NET SEND is obsolete. Cannot be used on Vista or 7.

I guess I don't see the point of writing an entire batch file that could be done with one line of code at the cmd prompt.


----------



## tommo020788 (Oct 20, 2008)

oh true... I didn't realize it was taken off for vista and 7 :/ is there another similar service used on vista and 7?


----------



## Squashman (Apr 4, 2003)

msg.exe


----------



## tommo020788 (Oct 20, 2008)

Thanks for the help Squashman.
Any suggestions for useful batch files to add to the list?


----------



## Squashman (Apr 4, 2003)

Not really. 

My idea of a useful batch file is something that is specific to my needs. Most of the batch files I write are specific to a very localized task that most people will never encounter. I am sure if you searched the DOS category you will find plenty of Batch files.


----------



## TheOutcaste (Aug 8, 2007)

Are you aware that your *Give permissions for file* batch file could make your system unbootable if you pick the wrong system file?
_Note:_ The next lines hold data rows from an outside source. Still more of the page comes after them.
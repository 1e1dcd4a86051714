-- ===== src/Triage/Stats.antt =====
-- The counters of the engine, its audit file and its verdict table move together.
use arbiter_ai.Base.{◌+◌, ◌≤◌, String, ◌≡◌, refl, none, some, [], ◌∷◌, ◌++◌, Option, arith}
use arbiter_ai.Values.{Runtime}
use arbiter_ai.Schema.{Event, Verdict}
use arbiter_ai.Guardrails.{GuardrailHit, guardrail_check}
use arbiter_ai.Triage.{Model, TriageStats, Engine, Downgraded, audit_entry, remember}
use arbiter_ai.Triage.Rails.{count_decision, pass, stop, at_rail, after_check, triage}

-- Every triaged event was decided by one tier and counted by one decision.
pub record Balanced (s : TriageStats) : Type 0 where
  pub tiers : s.prefilter_decided + s.llm_decided + s.guardrail_decided ≡ s.total
  pub decisions : s.escalated + s.suppressed ≡ s.total
  pub downgrades : s.guardrail_downgraded ≤ s.llm_decided

module _ {F : Type 0} ⦃py : Runtime F⦄ (model : Model F) (now : String) (e : Event F)
    (g : Engine F) where
  -- what one call of `triage` adds
  pub record Advances (out : Verdict F × Engine F) : Type 0 where
    pub counted : out.1.stats.total ≡ g.stats.total + 1
    pub audited : out.1.audit ≡ g.audit ++ (audit_entry g.shadow e out.0 ∷ [])
    pub same_mode : out.1.shadow ≡ g.shadow

  stop-Advances : (hit : GuardrailHit) → Advances (stop now e hit g)
  unfolding stop remember
  stop-Advances hit = record { counted = refl; audited = refl; same_mode = refl }

  pass-Advances : (downgraded : Option Downgraded) → Advances (pass model now e downgraded g)
  unfolding pass remember count_decision
  pass-Advances none = record { counted = ground arith; audited = refl; same_mode = refl }
  pass-Advances (some d) = record { counted = ground arith; audited = refl; same_mode = refl }

  at_rail-Advances :
      (hit : GuardrailHit) (fact : Option String) → Advances (at_rail model now e hit fact g)
  unfolding at_rail
  at_rail-Advances hit none = stop-Advances hit
  at_rail-Advances hit (some fact) = pass-Advances (some (hit, fact))

  after_check-Advances : (hit : Option GuardrailHit) → Advances (after_check model now e hit g)
  unfolding after_check
  after_check-Advances none = pass-Advances none
  after_check-Advances (some hit) = at_rail-Advances hit _

  -- Whatever the branch, one triage counts one more event, appends exactly one audit entry, that of
  -- the verdict it returns, and leaves the shadow flag alone.
  pub triage-Advances : Advances (triage model now e g)
  unfolding triage
  triage-Advances = after_check-Advances (guardrail_check e)

  module _ (balanced : Balanced g.stats) where
    stop-Balanced : (hit : GuardrailHit) → Balanced (stop now e hit g).1.stats
    unfolding stop remember
    stop-Balanced hit = ground (arith, balanced.tiers, balanced.decisions, balanced.downgrades)

    pass-Balanced :
        (downgraded : Option Downgraded) → Balanced (pass model now e downgraded g).1.stats
    unfolding pass remember count_decision
    pass-Balanced none = ground (arith, balanced.tiers, balanced.decisions, balanced.downgrades)
    pass-Balanced (some d) = ground (arith, balanced.tiers, balanced.decisions, balanced.downgrades)

    at_rail-Balanced :
        (hit : GuardrailHit) (fact : Option String)
        → Balanced (at_rail model now e hit fact g).1.stats
    unfolding at_rail
    at_rail-Balanced hit none = stop-Balanced hit
    at_rail-Balanced hit (some fact) = pass-Balanced (some (hit, fact))

    after_check-Balanced :
        (hit : Option GuardrailHit) → Balanced (after_check model now e hit g).1.stats
    unfolding after_check
    after_check-Balanced none = pass-Balanced none
    after_check-Balanced (some hit) = at_rail-Balanced hit _

    -- From balanced counters the engine goes to balanced counters: the three tiers add up to the
    -- total, so do the two decisions, and every downgraded rail is among the model's decisions.
    pub triage-Balanced : Balanced (triage model now e g).1.stats
    unfolding triage
    triage-Balanced = after_check-Balanced (guardrail_check e)
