-- ===== src/Triage/Suppression.antt =====
-- What must hold for the engine to suppress an event.
use arbiter_ai.Base.{
  String, ◌≡◌, ◌⊎◌, inl, inr, refl, true, false, Option, none, some, List, Option-cases, Bool-cases,
  Among, arith,
}
use arbiter_ai.Values.{Runtime}
use arbiter_ai.Schema.{Event, Decision, suppress, is_ambiguous}
use arbiter_ai.Guardrails.{GuardrailHit, guardrail_check, fact_downgrade}
use arbiter_ai.Guardrails.Downgrade.{Covers, downgrade-Covers}
use arbiter_ai.Facts.{texts}
use arbiter_ai.Memory.Facts.{facts_for}
use arbiter_ai.Prefilter
use arbiter_ai.Triage.{
  Model, LlmVerdict, Answer, failed, answered, Engine, Downgraded, same_rail, confident, veto,
  judge, failure_verdict, llm_triage, guardrail_verdict, prefilter_verdict,
}
use arbiter_ai.Triage.Rails.{pass, stop, at_rail, after_check, triage}

module _ {F : Type 0} ⦃py : Runtime F⦄ where
  -- no rail fires, or the one that is reported is the downgraded one
  abbrev pub Unrailed : Event F → Option Downgraded → Type 0
  Unrailed e downgraded =
      (guardrail_check e ≡ none)
      ⊎ ((hit : GuardrailHit) × (guardrail_check e ≡ some hit) × (same_rail hit downgraded ≡ true))

  -- an answer of the model that allows a suppression
  pub record Confident (l : LlmVerdict F) : Type 0 where
    pub suppresses : l.decision ≡ suppress
    pub sure : py.lt l.confidence (py.lit 7 10) ≡ false
    pub finite : py.finite l.confidence ≡ true

  veto-suppress :
      (e : Event F) (downgraded : Option Downgraded) (d : Decision × String)
      → (veto e downgraded d).0 ≡ suppress
      → (d.0 ≡ suppress) × Unrailed e downgraded
  unfolding veto
  veto-suppress e downgraded d h = elim (Option-cases (guardrail_check e)) [
    | inl quiet ↦ (ground (arith, quiet), inl quiet)
    | inr (hit, fires) ↦ elim (Bool-cases (same_rail hit downgraded)) [
      | inl same ↦ (ground (arith, fires, same), inr (hit, fires, same))
      | inr other ↦ absurd (ground (arith, fires, other))
    ]
  ]

  confident-suppress :
      (l : LlmVerdict F)
      → (confident l).0 ≡ suppress
      → (l.decision ≡ suppress) × (py.lt l.confidence (py.lit 7 10) ≡ false)
  unfolding confident
  confident-suppress l h = ground arith

  judge-suppress :
      (now : String) (e : Event F) (score : F) (downgraded : Option Downgraded) (a : Answer F)
      → (judge now e score downgraded a).decision ≡ suppress
      → (l : LlmVerdict F) × (a ≡ answered l) × Confident l × Unrailed e downgraded
  unfolding judge failure_verdict
  judge-suppress now e score downgraded (failed reason) h = cc
  judge-suppress now e score downgraded (answered l) h =
      elim (Bool-cases (py.finite l.confidence)) [
        | inr wild ↦ absurd (ground (arith, wild))
        | inl finite ↦
            let (accepted, unrailed) = veto-suppress e downgraded (confident l) (rw finite at h) in
            let (suppresses, sure) = confident-suppress l accepted in
            (l, refl, record { suppresses = suppresses; sure = sure; finite = finite }, unrailed)
      ]

module _ {F : Type 0} ⦃py : Runtime F⦄ (model : Model F) (now : String) (e : Event F)
    (g : Engine F) where
  -- The two ways in which a suppression comes about. By the prefilter: no rail fires. By the model:
  -- some call of it answered a confident suppression, and the rail that fires, if any, is
  -- `privilege_expansion`, downgraded by a fact of the memory that covers the event.
  pub data Justified : Type 0 where
    by_prefilter :
        guardrail_check e ≡ none
        → (Prefilter.prefilter e g.memory).0.decision ≡ suppress
        → Justified
    by_model :
        (l : LlmVerdict F) (criticality : F) (summary : String) (facts : List String)
        → model e criticality summary facts ≡ answered l
        → Confident l
        → (guardrail_check e ≡ none)
          ⊎ ((hit : GuardrailHit) × (fact : String) × (guardrail_check e ≡ some hit)
              × (hit.name ≡ "privilege_expansion")
              × Among fact (texts (facts_for e.host e.source now g.memory))
              × Covers e fact)
        → Justified

  -- A call of the model that gave the verdict.
  abbrev Answered : Option Downgraded → Type 0
  Answered downgraded =
      (l : LlmVerdict F) × (criticality : F) × (summary : String) × (facts : List String) × (model e
          criticality summary facts
        ≡ answered l)
      × Confident l
      × Unrailed e downgraded

  llm_triage-Answered :
      (score : F) (downgraded : Option Downgraded)
      → (llm_triage model now e score downgraded (Prefilter.prefilter e g.memory).1).0.decision
        ≡ suppress
      → Answered downgraded
  unfolding llm_triage
  llm_triage-Answered score downgraded h =
      let (l, answer, sure, unrailed) = judge-suppress now e score downgraded _ h in
      (l, _, _, _, answer, sure, unrailed)

  pass-none :
      (pass model now e none g).0.decision ≡ suppress
      → ((Prefilter.prefilter e g.memory).0.decision ≡ suppress) ⊎ Answered none
  unfolding pass prefilter_verdict
  pass-none h = elim (Bool-cases (is_ambiguous (Prefilter.prefilter e g.memory).0.decision)) [
    | inl asked ↦ inr (llm_triage-Answered _ none (rw asked at h))
    | inr decided ↦ inl (rw decided at h)
  ]

  pass-some :
      (d : Downgraded) → (pass model now e (some d) g).0.decision ≡ suppress → Answered (some d)
  unfolding pass
  pass-some d h = llm_triage-Answered _ (some d) h

  quiet-Justified :
      guardrail_check e ≡ none → (pass model now e none g).0.decision ≡ suppress → Justified
  quiet-Justified quiet h = elim (pass-none h) [
    | inl early ↦ by_prefilter quiet early
    | inr (l, criticality, summary, facts, answer, sure, unrailed) ↦
        by_model l criticality summary facts answer sure (inl quiet)
  ]

  at_rail-Justified :
      (hit : GuardrailHit) (fact : Option String)
      → guardrail_check e ≡ some hit
      → fact_downgrade hit e (texts (facts_for e.host e.source now g.memory)) ≡ fact
      → (at_rail model now e hit fact g).0.decision ≡ suppress
      → Justified
  unfolding at_rail stop guardrail_verdict
  at_rail-Justified hit none fires stands h = absurd (cc)
  at_rail-Justified hit (some fact) fires lowered h =
      let (l, criticality, summary, facts, answer, sure, unrailed) = pass-some (hit, fact) h in
      let (rail, found, covers) = downgrade-Covers hit e _ fact lowered in
      by_model l criticality summary facts answer sure (inr (hit, fact, fires, rail, found, covers))

  after_check-Justified :
      (o : Option GuardrailHit)
      → guardrail_check e ≡ o
      → (after_check model now e o g).0.decision ≡ suppress
      → Justified
  unfolding after_check
  after_check-Justified none quiet h = quiet-Justified quiet h
  after_check-Justified (some hit) fires h = at_rail-Justified hit _ fires refl h

  pub triage-Justified : (triage model now e g).0.decision ≡ suppress → Justified
  unfolding triage
  triage-Justified h = after_check-Justified (guardrail_check e) refl h
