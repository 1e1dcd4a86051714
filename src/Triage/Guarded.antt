-- ===== src/Triage/Guarded.antt =====
-- What the model cannot change: the rails, and the policy for a model that fails.
use arbiter_ai.Base.{String, List, ◌∙◌, sym, ◌≡◌, ◌≢◌, none, some, eq_iff, arith}
use arbiter_ai.Values.{Runtime}
use arbiter_ai.Schema.{Event, escalate, suppress, guardrail}
use arbiter_ai.Guardrails.{GuardrailHit, guardrail_check, fact_downgrade}
use arbiter_ai.Prefilter
use arbiter_ai.Triage.{Model, failed, Engine, guardrail_verdict}
use arbiter_ai.Triage.Rails.{stop, at_rail, after_check, triage}
use arbiter_ai.Triage.Suppression.{by_prefilter, by_model, triage-Justified}

module _ {F : Type 0} ⦃py : Runtime F⦄ where
  not_downgraded :
      (hit : GuardrailHit) (e : Event F) (facts : List String)
      → hit.name ≢ "privilege_expansion"
      → fact_downgrade hit e facts ≡ none
  unfolding fact_downgrade
  not_downgraded hit e facts other = ground (arith, eq_iff hit.name "privilege_expansion")

  triage-stop :
      (hit : GuardrailHit) (e : Event F)
      → guardrail_check e ≡ some hit
      → hit.name ≢ "privilege_expansion"
      → (model : Model F) (now : String) (g : Engine F) → triage model now e g ≡ stop now e hit g
  unfolding triage after_check at_rail
  triage-stop hit e fires name model now g = rw (fires, not_downgraded hit e _ name)

  -- If the first rule that fires is any but `privilege_expansion`, the event is escalated at the
  -- guardrail tier whatever the model, the facts, the history and the counters are, and two engines
  -- that differ only in the model end in the same state.
  pub triage-rail :
      (hit : GuardrailHit) (e : Event F)
      → guardrail_check e ≡ some hit
      → hit.name ≢ "privilege_expansion"
      → (model other : Model F) (now : String) (g : Engine F)
      → ((triage model now e g).0.decision ≡ escalate)
        × ((triage model now e g).0.tier ≡ guardrail)
        × (triage model now e g ≡ triage other now e g)
  unfolding stop guardrail_verdict
  triage-rail hit e fires name model other now g =
      let stops = triage-stop hit e fires name model now g in
      (rw stops, rw stops, stops ∙ sym (triage-stop hit e fires name other now g))

  -- With a model that fails on every call, only the prefilter suppresses, and only where no rail
  -- fires.
  pub triage-failing :
      (model : Model F) (now : String) (e : Event F) (g : Engine F)
      → ((c : F) (s : String) (fs : List String)
          → (reason : String) × (model e c s fs ≡ failed reason))
      → (triage model now e g).0.decision ≡ suppress
      → (guardrail_check e ≡ none) × ((Prefilter.prefilter e g.memory).0.decision ≡ suppress)
  triage-failing model now e g fails h = elim (triage-Justified model now e g h) [
    | by_prefilter quiet early ↦ (quiet, early)
    | by_model l c s fs answer sure unrailed ↦
        let (reason, failure) = fails c s fs in absurd (cc (answer, failure))
  ]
That's because it doesn't just add that user, it removes all other users, _including_ the system account, which will deny access by those accounts.
Do that with Explorer.exe, and the account you name will be the only one that can run explorer, meaning no other account will have a taskbar, start menu, or desktop icons.

It also changes every file with a matching name in the tree, so if you drop *C:\Windows\explorer.exe*, not only does that file get changed, but so do these:
*C:\Windows\$NTServicePackUninstall$\explorer.exe
C:\Windows\ServicePackFiles\i386\explorer.exe*
Plus any other copies from other Windows Updates.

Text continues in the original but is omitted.